Any number of terrible versions of this concept can be readily theorized, slathering on the absolution with weepy monologuing about harm and healing. A viewer can spend the whole movie waiting for Payne to go too far, though loyalists to his polarizing body of work know not to worry about overweening sentimentality from a guy who inserts his director credit over Paul’s empty chair just as one of his colleagues calls him a mean old bastard. Where Payne’s longstanding everything-sucks brand of Gen-X pessimism made early works like his abortion comedy Citizen Ruth funny and spiky, it now brings a credibility to the tentative embrace of emotional generosity that began somewhere around Nebraska, veered off course with the letdown of Downsizing, and pays crushing dividends here. It’s a bitter pill that sends so many of us on doomed crusades to move the implacable, but love carries a unique weight when offered by someone usually stingy with it.

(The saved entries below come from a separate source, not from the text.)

-- ===== src/Auth/Keys.antt =====
-- `_discovery` and `_jwks` of app/bl/services/auth.py with their cache. A request is a function
-- from the URL to the JSON document, with `none` where `requests` raises; the clock counts
-- microseconds.

use network_gateway_api.Prelude.{
  ℕ, ◌+◌, Bool, true, false, ◌&&◌, Option, none, some, List, [], ◌∷◌, String, str_eq, ltb,
  if◌then◌else◌, Outcome, ok, err,
}
use network_gateway_api.Value.{Value, Fields, dict, list, get_value, has}
use network_gateway_api.Text.{append}
use network_gateway_api.Identity.{AuthError, http, value_error}

-- `_CACHE`: when an entry expires, and its document
abbrev pub Cache : Type 0
Cache = List (String × (ℕ × Fields))

unfoldable pub lookup : String → Cache → Option (ℕ × Fields)
lookup key [] = none
lookup key ((k, entry) ∷ cache) = if str_eq k key then some entry else lookup key cache

-- `_CACHE[key] = entry`: the newest entry of a key is found first.
abbrev pub store : String → ℕ × Fields → Cache → Cache
store key entry cache = (key, entry) ∷ cache

-- _DISCOVERY_TTL_SECONDS and _JWKS_TTL_SECONDS
abbrev pub ttl : ℕ
ttl = 3600000000

abbrev pub unavailable : AuthError
unavailable = http 401 "Authentication provider is unavailable."

abbrev pub bad_configuration : AuthError
bad_configuration = http 401 "Authentication provider configuration is invalid."

abbrev pub is_discovery : Fields → Bool
is_discovery document =
    has "issuer" document
    && has "authorization_endpoint" document
    && has "token_endpoint" document
    && has "jwks_uri" document

abbrev pub is_key_set : Fields → Bool
is_key_set document = elim (get_value "keys" document) [ list _ ↦ true | _ ↦ false ]

module _ (fetch : String → Option Value) (now : ℕ) where
  -- Store a document that was fetched, if it is an object with what it must have.
  unfoldable pub accept :
      String → (Fields → Bool) → Option Value → Cache → Outcome AuthError Fields × Cache
  accept key is_good none cache = (err unavailable, cache)
  accept key is_good (some (dict document)) cache =
      if is_good document
      then (ok document, store key (now + ttl, document) cache)
      else (err bad_configuration, cache)
  accept key is_good (some _) cache = (err bad_configuration, cache)

  -- The part that `_discovery` and `_jwks` have in common
  unfoldable pub document :
      String → String → (Fields → Bool) → Cache → Outcome AuthError Fields × Cache
  unfolding lookup accept
  document key url is_good cache = elim (lookup key cache) [
    | none ↦ accept key is_good (fetch url) cache
    | some (expiry, found) ↦
        if ltb now expiry then (ok found, cache) else accept key is_good (fetch url) cache
  ]

  -- `_discovery`; an empty tenant is no tenant.
  unfoldable pub discovery : Option String → Cache → Outcome AuthError Fields × Cache
  unfolding document
  discovery none cache = (err value_error, cache)
  discovery (some tenant) cache =
      if str_eq tenant ""
      then (err value_error, cache)
      else document (append "discovery:" tenant)
          (append "https://login.microsoftonline.com/"
            (append tenant "/v2.0/.well-known/openid-configuration"))
          is_discovery cache

  -- `_jwks`
  unfoldable pub jwks : String → Cache → Outcome AuthError Fields × Cache
  unfolding document
  jwks uri cache = document (append "jwks:" uri) uri is_key_set cache
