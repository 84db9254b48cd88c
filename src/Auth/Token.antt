-- ===== src/Auth/Token.antt =====
-- `_verify_token` of app/bl/services/auth.py. The check of an RSA signature is a parameter: it
-- tells whether `cryptography` accepts the third part of the token as a signature over the first
-- two by a key of the key set.
use network_gateway_api.Prelude.{
  ℕ, Bool, ◌&&◌, Option, none, some, List, [], ◌∷◌, String, if◌then◌else◌, Outcome, ok, err,
}
use network_gateway_api.Prelude.Int.{Float}
use network_gateway_api.Value.{Value, Items, Fields, str, list, dict, nil, cons, get_value}
use network_gateway_api.Text.Split.{split, is_dot}
use network_gateway_api.Identity.{AuthError, value_error, unexpected}
use network_gateway_api.Auth.Settings.{AuthSettings}
use network_gateway_api.Auth.Signed.{Codec, json_segment}
use network_gateway_api.Auth.Keys.{Cache, unavailable, discovery, jwks}
use network_gateway_api.Auth.Claims.{invalid_token, is_str, claims_hold}

-- The generator over the keys: the first that matches. An item that is no dict has no `get`.
unfoldable pub find_key : String → Items → Outcome AuthError Fields
find_key kid nil = err invalid_token
find_key kid (cons (dict key) items) =
    let rest = find_key kid items in
    if is_str kid (get_value "kid" key) && is_str "RSA" (get_value "kty" key) then ok key else rest
find_key kid (cons _ items) = err unexpected

-- `header["kid"]`, if the header is one that the code supports
unfoldable pub kid_of : Fields → Option String
kid_of header =
    if is_str "RS256" (get_value "alg" header)
    then elim (get_value "kid" header) [ str kid ↦ some kid | _ ↦ none ]
    else none

-- What the `except` clause makes of an error: a ValueError becomes 401.
abbrev pub caught : AuthError → AuthError
caught value_error = invalid_token
caught e = e

abbrev pub keys_of : Value → Items
keys_of (list items) = items
keys_of _ = nil

module _ (codec : Codec) (fetch : String → Option Value)
    (signature_ok : Fields → (header claims signature : String) → Bool) (settings : AuthSettings)
    (clock : ℕ) (now : Float) where
  abbrev pub key_set_at : Value → Cache → Outcome AuthError Fields × Cache
  key_set_at (str uri) cache = jwks fetch clock uri cache
  key_set_at _ cache = (err unavailable, cache)

  -- `_jwks(discovery["jwks_uri"])`; `requests` refuses a URL that is no text.
  unfoldable pub key_set : Fields → Cache → Outcome AuthError Fields × Cache
  unfolding jwks
  key_set document cache = key_set_at (get_value "jwks_uri" document) cache

  -- The key that the header names
  unfoldable pub public_key : String → Cache → Outcome AuthError Fields × Cache
  unfolding discovery key_set find_key
  public_key kid cache =
      let (found, cache') = discovery fetch clock settings.tenant_id cache in
      elim found [
        | err e ↦ (err e, cache')
        | ok document ↦
            let (keys, cache'') = key_set document cache' in
            elim keys [
              | err e ↦ (err e, cache'')
              | ok set ↦ (find_key kid (keys_of (get_value "keys" set)), cache'')
            ]
      ]

  -- With the key
  unfoldable pub check_claims :
      (audience : String) (nonce : Option String) (header claims signature : String)
      → Fields
      → Outcome AuthError Fields
  unfolding claims_hold json_segment
  check_claims audience nonce header claims signature key =
      if signature_ok key header claims signature
      then elim (json_segment codec claims) [
        | none ↦ err invalid_token
        | some fields ↦
            if claims_hold settings audience nonce now fields then ok fields else err invalid_token
      ]
      else err invalid_token

  -- With the three parts
  unfoldable pub verify_parts :
      (audience : String) (nonce : Option String) (header claims signature : String)
      → Cache
      → Outcome AuthError Fields × Cache
  unfolding json_segment kid_of public_key check_claims
  verify_parts audience nonce header claims signature cache = elim (json_segment codec header) [
    | none ↦ (err invalid_token, cache)
    | some fields ↦ elim (kid_of fields) [
      | none ↦ (err invalid_token, cache)
      | some kid ↦
          let (found, cache') = public_key kid cache in
          elim found [
            | err e ↦ (err (caught e), cache')
            | ok key ↦ (check_claims audience nonce header claims signature key, cache')
          ]
    ]
  ]

  abbrev pub three :
      (audience : String) (nonce : Option String)
      → List String
      → Cache
      → Outcome AuthError Fields × Cache
  three audience nonce (header ∷ claims ∷ signature ∷ []) cache =
      verify_parts audience nonce header claims signature cache
  three _ _ _ cache = (err invalid_token, cache)

  -- `_verify_token`
  unfoldable pub verify_token :
      String
      → (audience : String) (nonce : Option String) → Cache
      → Outcome AuthError Fields × Cache
  unfolding split verify_parts
  verify_token token audience nonce cache = three audience nonce (split is_dot token) cache
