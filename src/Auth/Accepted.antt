-- ===== src/Auth/Accepted.antt =====
-- What the tests of `_verify_token` of app/bl/services/auth.py say of a header, a key and claims.
use network_gateway_api.Prelude.{
  ◌≡◌, ◌⊎◌, refl, ap, ◌∙◌, Bool, true, false, not, ◌&&◌, &&-true, eq_iff, Option, none, some,
  String, ok, Bool-cases, inl, inr, arith,
}
use network_gateway_api.Prelude.Int.{Float}
use network_gateway_api.Value.{
  Value, Items, Fields, null, bool, int, float, str, list, dict, nil, cons, get_value,
}
use network_gateway_api.Text.{append}
use network_gateway_api.Auth.Numbers.{Number, number, no_number, as_number, float_leb, float_ltb}
use network_gateway_api.Auth.Settings.{AuthSettings}
use network_gateway_api.Auth.Claims.{
  is_str, is_optional, contains, has_audience, is_unexpired, is_begun, has_nonce, issuer_of,
  claims_hold,
}
use network_gateway_api.Auth.Token.{find_key, kid_of}

-- An item of a list
pub data In (v : Value) : Items → Type 0 where
  first : (items : Items) → In v (cons v items)
  later : (w : Value) {items : Items} → In v items → In v (cons w items)

-- The claims name the tenant's issuer, the tenant and the audience, do not expire by now, have begun,
-- and carry the nonce if one is asked for.
pub record HasClaims (tenant audience : String) (nonce : Option String) (now : Float)
    (claims : Fields) : Type 0 where
  pub issuer :
      get_value "iss" claims
      ≡ str (append "https://login.microsoftonline.com/" (append tenant "/v2.0"))
  pub tenant_id : get_value "tid" claims ≡ str tenant
  pub for_audience :
      (get_value "aud" claims ≡ str audience)
      ⊎ ((items : Items) × (get_value "aud" claims ≡ list items) × In (str audience) items)
  pub expires_at : Float
  pub expires : as_number (get_value "exp" claims) ≡ number expires_at
  pub unexpired : float_leb expires_at now ≡ false
  pub begun :
      (not_before : Float)
      → as_number (get_value "nbf" claims) ≡ number not_before
      → float_ltb now not_before ≡ false
  pub with_nonce : (wanted : String) → nonce ≡ some wanted → get_value "nonce" claims ≡ str wanted

is_str-eq : (text : String) (v : Value) → is_str text v ≡ true → v ≡ str text
is_str-eq text (str s) h = ap (λ t. str t) ((eq_iff s text).0 h)
is_str-eq text null h = cc
is_str-eq text (bool _) h = cc
is_str-eq text (int _) h = cc
is_str-eq text (float _) h = cc
is_str-eq text (list _) h = cc
is_str-eq text (dict _) h = cc

contains-In : (text : String) (items : Items) → contains text items ≡ true → In (str text) items
contains-In text nil h = cc
contains-In text (cons v items) h = elim (Bool-cases (is_str text v)) [
  | inl e ↦ rw (is_str-eq text v e) (In.first items)
  | inr e ↦ In.later v (contains-In text items (rw e at h))
]

audience-In :
    (audience : String) (v : Value)
    → has_audience audience v ≡ true
    → (v ≡ str audience) ⊎ ((items : Items) × (v ≡ list items) × In (str audience) items)
audience-In audience (list items) h = inr (items, refl, contains-In audience items h)
audience-In audience (str s) h = inl (is_str-eq audience (str s) h)
audience-In audience null h = cc
audience-In audience (bool _) h = cc
audience-In audience (int _) h = cc
audience-In audience (float _) h = cc
audience-In audience (dict _) h = cc

unexpired-number :
    (now : Float) (v : Value)
    → is_unexpired now v ≡ true
    → (t : Float) × (as_number v ≡ number t) × (float_leb t now ≡ false)
unexpired-number now v h = go (as_number v) refl h
  where
    go :
        (r : Number)
        → as_number v ≡ r
        → (elim r [ number t ↦ not (float_leb t now) | no_number ↦ false ]) ≡ true
        → (t : Float) × (as_number v ≡ number t) × (float_leb t now ≡ false)
    go (number t) e g = (t, e, ground arith)
    go no_number e g = cc

begun-number :
    (now t : Float) (v : Value)
    → is_begun now v ≡ true
    → as_number v ≡ number t
    → float_ltb now t ≡ false
begun-number now t v h e = let h' = rw (e, is_begun) at h in ground arith

nonce-eq :
    (nonce : Option String) (wanted : String) (v : Value)
    → has_nonce nonce v ≡ true
    → nonce ≡ some wanted
    → v ≡ str wanted
nonce-eq none wanted v h e = cc
nonce-eq (some n) wanted v h e =
    let same : n ≡ wanted = ground arith in is_str-eq n v h ∙ ap (λ t. str t) same

six :
    (a b c d e f : Bool)
    → (a && b && c && d && e && f) ≡ true
    → (a ≡ true) × (b ≡ true) × (c ≡ true) × (d ≡ true) × (e ≡ true) × (f ≡ true)
six a b c d e f p =
    let (p5, pf) = &&-true (a && b && c && d && e) f p in
    let (p4, pe) = &&-true (a && b && c && d) e p5 in
    let (p3, pd) = &&-true (a && b && c) d p4 in
    let (p2, pc) = &&-true (a && b) c p3 in
    let (pa, pb) = &&-true (a) b p2 in (pa, pb, pc, pd, pe, pf)

pub claims_hold-HasClaims :
    (settings : AuthSettings) (tenant audience : String) (nonce : Option String) (now : Float)
    (claims : Fields)
    → settings.tenant_id ≡ some tenant
    → claims_hold settings audience nonce now claims ≡ true
    → HasClaims tenant audience nonce now claims
unfolding claims_hold
claims_hold-HasClaims settings tenant audience nonce now claims configured h =
    let (iss, tid, aud, unexpired, begun, with_nonce) =
      six (is_str (issuer_of settings) (get_value "iss" claims))
        (is_optional settings.tenant_id (get_value "tid" claims))
        (has_audience audience (get_value "aud" claims)) (is_unexpired now (get_value "exp" claims))
        (is_begun now (get_value "nbf" claims)) (has_nonce nonce (get_value "nonce" claims)) h in
    let (t, is_number, after) = unexpired-number now (get_value "exp" claims) unexpired in
    record {
      issuer =
          is_str-eq (append "https://login.microsoftonline.com/" (append tenant "/v2.0"))
            (get_value "iss" claims) (rw (configured, issuer_of) at iss);
      tenant_id = is_str-eq tenant (get_value "tid" claims) (rw (configured, is_optional) at tid);
      for_audience = audience-In audience (get_value "aud" claims) aud;
      expires_at = t;
      expires = is_number;
      unexpired = after;
      begun = λ t'. begun-number now t' (get_value "nbf" claims) begun;
      with_nonce = λ wanted. nonce-eq nonce wanted (get_value "nonce" claims) with_nonce;
    }

text_of_kid :
    (v : Value) (kid : String)
    → (elim v [ str text ↦ some text | _ ↦ none ]) ≡ some kid
    → v ≡ str kid
text_of_kid (str text) kid h = let same : text ≡ kid = ground arith in ap (λ t. str t) same
text_of_kid null kid h = cc
text_of_kid (bool _) kid h = cc
text_of_kid (int _) kid h = cc
text_of_kid (float _) kid h = cc
text_of_kid (list _) kid h = cc
text_of_kid (dict _) kid h = cc

pub kid_of-eq :
    (header : Fields) (kid : String)
    → kid_of header ≡ some kid
    → (get_value "alg" header ≡ str "RS256") × (get_value "kid" header ≡ str kid)
unfolding kid_of
kid_of-eq header kid h = elim (Bool-cases (is_str "RS256" (get_value "alg" header))) [
  | inr e ↦ let h' = rw (e, kid_of) at h in cc
  | inl e ↦ (
    is_str-eq "RS256" (get_value "alg" header) e,
    text_of_kid (get_value "kid" header) kid (rw (e, kid_of) at h),
  )
]

pub find_key-In :
    (kid : String) (items : Items) (key : Fields)
    → find_key kid items ≡ ok key
    → In (dict key) items × (get_value "kid" key ≡ str kid) × (get_value "kty" key ≡ str "RSA")
unfolding find_key
find_key-In kid nil key h = cc
find_key-In kid (cons (dict found) items) key h =
    elim (Bool-cases (is_str kid (get_value "kid" found) && is_str "RSA" (get_value "kty" found))) [
      | inr e ↦
          let (member, same_id, rsa) = find_key-In kid items key (rw (e, find_key) at h) in
          (In.later (dict found) member, same_id, rsa)
      | inl e ↦
          let h' : ok found ≡ ok key = rw (e, find_key) at h in
          let same : found ≡ key = ground arith in
          let (is_kid, is_rsa) =
            &&-true (is_str kid (get_value "kid" found)) (is_str "RSA" (get_value "kty" found)) e in
          rw (← same) (
            In.first items,
            is_str-eq kid (get_value "kid" found) is_kid,
            is_str-eq "RSA" (get_value "kty" found) is_rsa,
          )
    ]
find_key-In kid (cons null items) key h = cc
find_key-In kid (cons (bool _) items) key h = cc
find_key-In kid (cons (int _) items) key h = cc
find_key-In kid (cons (float _) items) key h = cc
find_key-In kid (cons (str _) items) key h = cc
find_key-In kid (cons (list _) items) key h = cc
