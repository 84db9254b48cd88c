-- ===== src/Auth/Signed/Laws.antt =====
-- What `_sign` makes, `_unsign` reads; what `_unsign` accepts has the signature of the secret.
use Prim.Native.Char.{code}
use Prim.Native.String.{[], ◌∷◌}
use network_gateway_api.Prelude.{
  ◌≡◌, refl, sym, ◌∙◌, Option, str_eq, if◌then◌else◌, true, false, none, some, String, eq_iff, ◌==◌,
  arith, Bool-cases, inl, inr, &&-true,
}
use network_gateway_api.Value.{Value, Fields, field, end, get}
use network_gateway_api.Audit.Timestamps.{text_le}
use network_gateway_api.Text.{append, all_chars}
use network_gateway_api.Auth.Signed.{
  split_last, is_b64url, is_ascii, Codec, IsEncoded, IsFaithful, decode_b64url, json_segment, sign,
  has_mac, unsign, put_key, sort_value, sort_fields,
}

split_last-none : (text : String) → all_chars is_b64url text ≡ true → split_last text ≡ none
unfolding split_last
split_last-none [] h = refl
split_last-none (c ∷ text) h =
    let (here, there) = &&-true (is_b64url (code c)) (all_chars is_b64url text) h in
    let no_dot : (code c == 46) ≡ false = ground arith in
    rw (split_last-none text there, no_dot) refl

split_last-append :
    (front back : String)
    → all_chars is_b64url back ≡ true
    → split_last (append front (append "." back)) ≡ some (front, back)
unfolding split_last
split_last-append [] back h = rw (split_last-none back h) refl
split_last-append (c ∷ front) back h = rw (split_last-append front back h) refl

all_chars-is_ascii :
    (text : String) → all_chars is_b64url text ≡ true → all_chars is_ascii text ≡ true
all_chars-is_ascii [] h = refl
all_chars-is_ascii (c ∷ text) h =
    let (here, there) = &&-true (is_b64url (code c)) (all_chars is_b64url text) h in
    let low : is_ascii (code c) ≡ true = ground arith in
    rw (all_chars-is_ascii text there, low) refl

module _ (codec : Codec) where
  decode_b64url-b64url :
      (bytes : String)
      → IsEncoded codec bytes
      → decode_b64url codec (codec.b64url bytes) ≡ some bytes
  unfolding decode_b64url
  decode_b64url-b64url bytes h = rw (h.nonempty, h.alphabet, h.decoded) refl

  has_mac-mac :
      (secret message : String)
      → IsEncoded codec (codec.mac secret message)
      → has_mac codec secret message (codec.b64url (codec.mac secret message)) ≡ true
  has_mac-mac secret message h =
      rw (decode_b64url-b64url (codec.mac secret message) h, has_mac)
        ((eq_iff (codec.mac secret message) (codec.mac secret message)).1 refl)

  json_segment-dumps :
      (payload : Fields) (secret : String)
      → IsFaithful codec payload secret
      → json_segment codec (codec.b64url (codec.dumps payload)) ≡ some (sort_fields payload)
  unfolding json_segment
  json_segment-dumps payload secret faithful =
      rw
        (
          decode_b64url-b64url (codec.dumps payload) faithful.document,
          json_segment,
          faithful.read_back,
        )
        refl

  pub unsign-signed_value :
      (payload : Fields) (secret : String)
      → IsFaithful codec payload secret
      → unsign codec (sign codec payload secret) secret ≡ some (sort_fields payload)
  unfolding unsign sign
  unsign-signed_value payload secret faithful =
      let encoded = codec.b64url (codec.dumps payload) in
      let signature = codec.b64url (codec.mac secret encoded) in
      let split : split_last (sign codec payload secret) ≡ some (encoded, signature) =
        split_last-append encoded signature faithful.signature.alphabet in
      rw
        (
          split,
          unsign,
          all_chars-is_ascii encoded faithful.document.alphabet,
          has_mac-mac secret encoded faithful.signature,
        )
        (json_segment-dumps payload secret faithful)

text_le_refl : (a : String) → text_le a a ≡ true
unfolding text_le
text_le_refl [] = refl
text_le_refl (c ∷ a) = ground (arith, text_le_refl a)

get-put_key :
    (key k : String) (value : Value) (fields : Fields)
    → get key (put_key k value fields) ≡ (if str_eq k key then some value else get key fields)
unfolding get put_key
get-put_key key k value end = refl
get-put_key key k value (field j w fields) = elim (Bool-cases (text_le k j)) [
  | inl e ↦ rw (e, put_key) refl
  | inr e ↦ elim (Bool-cases (str_eq k key)) [
    | inl f ↦ elim (Bool-cases (str_eq j key)) [
      | inl g ↦
          let same : k ≡ j = (eq_iff k key).0 f ∙ sym ((eq_iff j key).0 g) in
          let h : text_le k j ≡ true = rw (← same) (text_le_refl k) in absurd (cc)
      | inr g ↦ rw (e, put_key, g) (get-put_key key k value fields ∙ rw f refl)
    ]
    | inr f ↦ elim (Bool-cases (str_eq j key)) [
      | inl g ↦ rw (e, put_key, g, f) refl
      | inr g ↦ rw (e, put_key, g) (get-put_key key k value fields)
    ]
  ]
]

abbrev pub sorted_at : Option Value → Option Value
sorted_at none = none
sorted_at (some value) = some (sort_value value)

get-sort_fields :
    (key : String) (fields : Fields) → get key (sort_fields fields) ≡ sorted_at (get key fields)
unfolding get sort_fields
get-sort_fields key end = refl
get-sort_fields key (field k value fields) = elim (Bool-cases (str_eq k key)) [
  | inl e ↦ get-put_key key k (sort_value value) (sort_fields fields) ∙ rw (e, get) refl
  | inr e ↦
      get-put_key key k (sort_value value) (sort_fields fields)
      ∙ rw (e, get) (get-sort_fields key fields)
]

module _ (codec : Codec) where
  -- A signed value is read back with the same secret, if base64 and JSON do what they document: with its
  -- keys in the order of code points, and under each key the value that it had, its keys in order too.
  pub unsign-sign :
      (payload : Fields) (secret : String)
      → IsFaithful codec payload secret
      → (found : Fields) × (unsign codec (sign codec payload secret) secret ≡ some found)
        × (found ≡ sort_fields payload)
        × ((key : String) → get key found ≡ sorted_at (get key payload))
  unsign-sign payload secret faithful = (
    sort_fields payload,
    unsign-signed_value codec payload secret faithful,
    refl,
    λ key. get-sort_fields key payload,
  )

Without weeping or hugging, in an unspoken language made up mostly of pregnant eye contact between men uncomfortable vocalizing intimacy, Paul communicates to Angus the old instructor’s credo that he’s only so tough because he wants the best for his pupils — and in Angus’ case, better than he could manage for himself. An act of selflessness in a pivotal moment sends the boy off to flourish as Paul failed to, though giving Angus his future leads the still-whip-sharp elder to the epiphany that he could have one for himself, too. A door to a brighter tomorrow starts to creak open for Mary as well, beckoning her to let some love back in. She comes to realize that the greatest tribute to her son’s memory would be for her to live well and broadly, to chase the fulfillment he wasn’t able to. Paul arrives on the other side of the same insight, not yet dead but sending Angus to thrive in his stead. If this isn’t the meaning of life — and it very well may be, the occasional morsel of altruism the only thing making this hellacious, indifferent world worth inhabiting — at least it’s the meaning of Christmas. With each passing year, giving gifts brings a little more joy than receiving them. Having things, cookies or books or knowledge, is nice. Having people is everything.